**TASK DESCRIPTION**
Return only the lines of the listing below that run from the line with "pub record RoundRepository" through the line with "(chain_id : ℕ) (round_id : String) (amount : ℕ) (amount_in_usd", both ends included, exactly as written.

**RECORDS FOR THE EXERCISE**

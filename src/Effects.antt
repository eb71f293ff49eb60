-- ===== src/Effects.antt =====
-- What an async method can do: read and change the world, and return or throw. The classes of the
-- errors that the indexer tells apart (packages/*/src/exceptions) are the constructors of `Error`.
pub mod Keeps
pub mod Triples
use grants_stack_indexer_v.Prelude.{ℕ, String, Option, List}

pub data Error : Type 0 where
  -- `RetriableError` and its subclasses, with `metadata?.retryAfterInMs`
  retriable : Option ℕ → Error
  unsupported_strategy invalid_event unsupported_event : Error
  round_not_found round_not_found_for_id : Error
  no_close_price_found : Error
  -- with the types of the changesets that have no handler
  invalid_changeset : List String → Error
  -- any other instance of `Error`, with its message
  native_error : String → Error
  -- a thrown value that is no `Error`
  other_value : Error

pub data Outcome {ℓ} (A : Type ℓ) : Type ℓ where
  ok : A → Outcome A
  err : Error → Outcome A

-- The world that is left stands beside the outcome, also when a method throws.
abbrev pub Action {ℓ κ} : Type ℓ → Type κ → Type (ℓ ⊔ κ)
Action S A = S → Outcome A × S

module _ {ℓ κ} {S : Type ℓ} {A : Type κ} where
  abbrev pub pure : A → Action S A
  pure a s = (ok a, s)

  abbrev pub throw : Error → Action S A
  throw e s = (err e, s)

module _ {ℓ κ μ} {S : Type ℓ} {A : Type κ} {B : Type μ} where
  abbrev pub continue_with : (A → Action S B) → Outcome A × S → Outcome B × S
  continue_with f (ok a, s) = f a s
  continue_with f (err e, s) = (err e, s)

  infixl 5 ◌>>=◌
  abbrev pub ◌>>=◌ : Action S A → (A → Action S B) → Action S B
  ◌>>=◌ m f s = continue_with f (m s)

  infixl 5 ◌>>◌
  abbrev pub ◌>>◌ : Action S A → Action S B → Action S B
  m >> k = m >>= λ _. k
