-- ===== src/Repositories.antt =====
-- packages/repository/src/interfaces: what the loader calls on the repositories, as records of actions.
-- A call takes the transaction's connection, or none and then runs on its own.
use grants_stack_indexer_v.Prelude.{ℕ, String, Option, List}
use grants_stack_indexer_v.Effects.{Action}
use grants_stack_indexer_v.Changesets.{Entities, NewProcessedEvent, ProjectRoleName, RoundRoleName}

-- an action that returns nothing, on a connection
abbrev pub Write {ℓ} : Type ℓ → Type ℓ → Type ℓ
Write S Tx = Option Tx → Action S (Unit {0})

-- the two forms of `where` of `updateRound`
pub data RoundKey : Type 0 where
  by_id : (round_id : String) (chain_id : ℕ) → RoundKey
  by_strategy : (strategy_address : String) (chain_id : ℕ) → RoundKey

pub record ProjectRepository {ℓ} (E : Entities) (S Tx : Type ℓ) : Type ℓ where
  pub insert_project : E.Project → Write S Tx
  pub update_project : (project_id : String) (chain_id : ℕ) → E.PartialProject → Write S Tx
  pub insert_project_role : E.ProjectRole → Write S Tx
  pub delete_many_project_roles :
      (chain_id : ℕ) (project_id : String)
      → ProjectRoleName
      → (address : Option String) → Write S Tx
  pub insert_pending_project_role : E.PendingProjectRole → Write S Tx
  pub delete_many_pending_project_roles : (ids : List ℕ) → Write S Tx

pub record RoundRepository {ℓ} (E : Entities) (S Tx : Type ℓ) : Type ℓ where
  pub insert_round : E.Round → Write S Tx
  pub update_round : RoundKey → E.PartialRound → Write S Tx
  pub increment_round_funds :
      (chain_id : ℕ) (round_id : String) (amount : ℕ) (amount_in_usd : String) → Write S Tx
  pub increment_round_donation_stats : (chain_id : ℕ) (round_id amount_in_usd : String) → Write S Tx
  pub increment_round_total_distributed :
      (chain_id : ℕ) (round_id : String) (amount : ℕ) → Write S Tx
  pub insert_round_role : E.RoundRole → Write S Tx
  pub delete_many_round_roles_by_role_and_address :
      (chain_id : ℕ) (round_id : String) → RoundRoleName → (address : String) → Write S Tx
  pub insert_pending_round_role : E.PendingRoundRole → Write S Tx
  pub delete_many_pending_round_roles : (ids : List ℕ) → Write S Tx

pub record ApplicationRepository {ℓ} (E : Entities) (S Tx : Type ℓ) : Type ℓ where
  pub insert_application : E.Application → Write S Tx
  pub update_application :
      (application_id : String) (chain_id : ℕ) (round_id : String)
      → E.PartialApplication
      → Write S Tx
  pub increment_application_donation_stats :
      (application_id : String) (chain_id : ℕ) (round_id amount_in_usd : String) → Write S Tx

pub record DonationRepository {ℓ} (E : Entities) (S Tx : Type ℓ) : Type ℓ where
  pub insert_donation : E.Donation → Write S Tx
  pub insert_many_donations : List E.Donation → Write S Tx

-- `ProcessedEvent`
pub record ProcessedEvent (E : Entities) : Type 0 where
  pub chain_id : ℕ
  pub event : NewProcessedEvent E

pub record EventRegistryRepository {ℓ} (E : Entities) (S Tx : Type ℓ) : Type ℓ where
  pub get_last_processed_event : (chain_id : ℕ) → Action S (Option (ProcessedEvent E))
  pub save_last_processed_event : (chain_id : ℕ) → NewProcessedEvent E → Write S Tx

-- the argument `repositories` of `DataLoader`; a repository with one method is that method
pub record Repositories {ℓ} (E : Entities) (S Tx : Type ℓ) : Type ℓ where
  pub project : ProjectRepository E S Tx
  pub round : RoundRepository E S Tx
  pub application : ApplicationRepository E S Tx
  pub donation : DonationRepository E S Tx
  pub insert_application_payout : E.ApplicationPayout → Write S Tx
  pub event_registry : EventRegistryRepository E S Tx
  pub insert_attestation : E.Attestation → List E.AttestationTxn → Write S Tx
  pub insert_legacy_project : E.LegacyProject → Write S Tx

-- `ITransactionManager`, as far as the loader uses it: the function that runs returns nothing
pub record TransactionManager {ℓ} (S Tx : Type ℓ) : Type ℓ where
  pub run_in_transaction : (Tx → Action S (Unit {0})) → Action S (Unit {0})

**OUTPUT FOR THIS EXERCISE**
pub record RoundRepository {ℓ} (E : Entities) (S Tx : Type ℓ) : Type ℓ where
  pub insert_round : E.Round → Write S Tx
  pub update_round : RoundKey → E.PartialRound → Write S Tx
  pub increment_round_funds :
      (chain_id : ℕ) (round_id : String) (amount : ℕ) (amount_in_usd : String) → Write S Tx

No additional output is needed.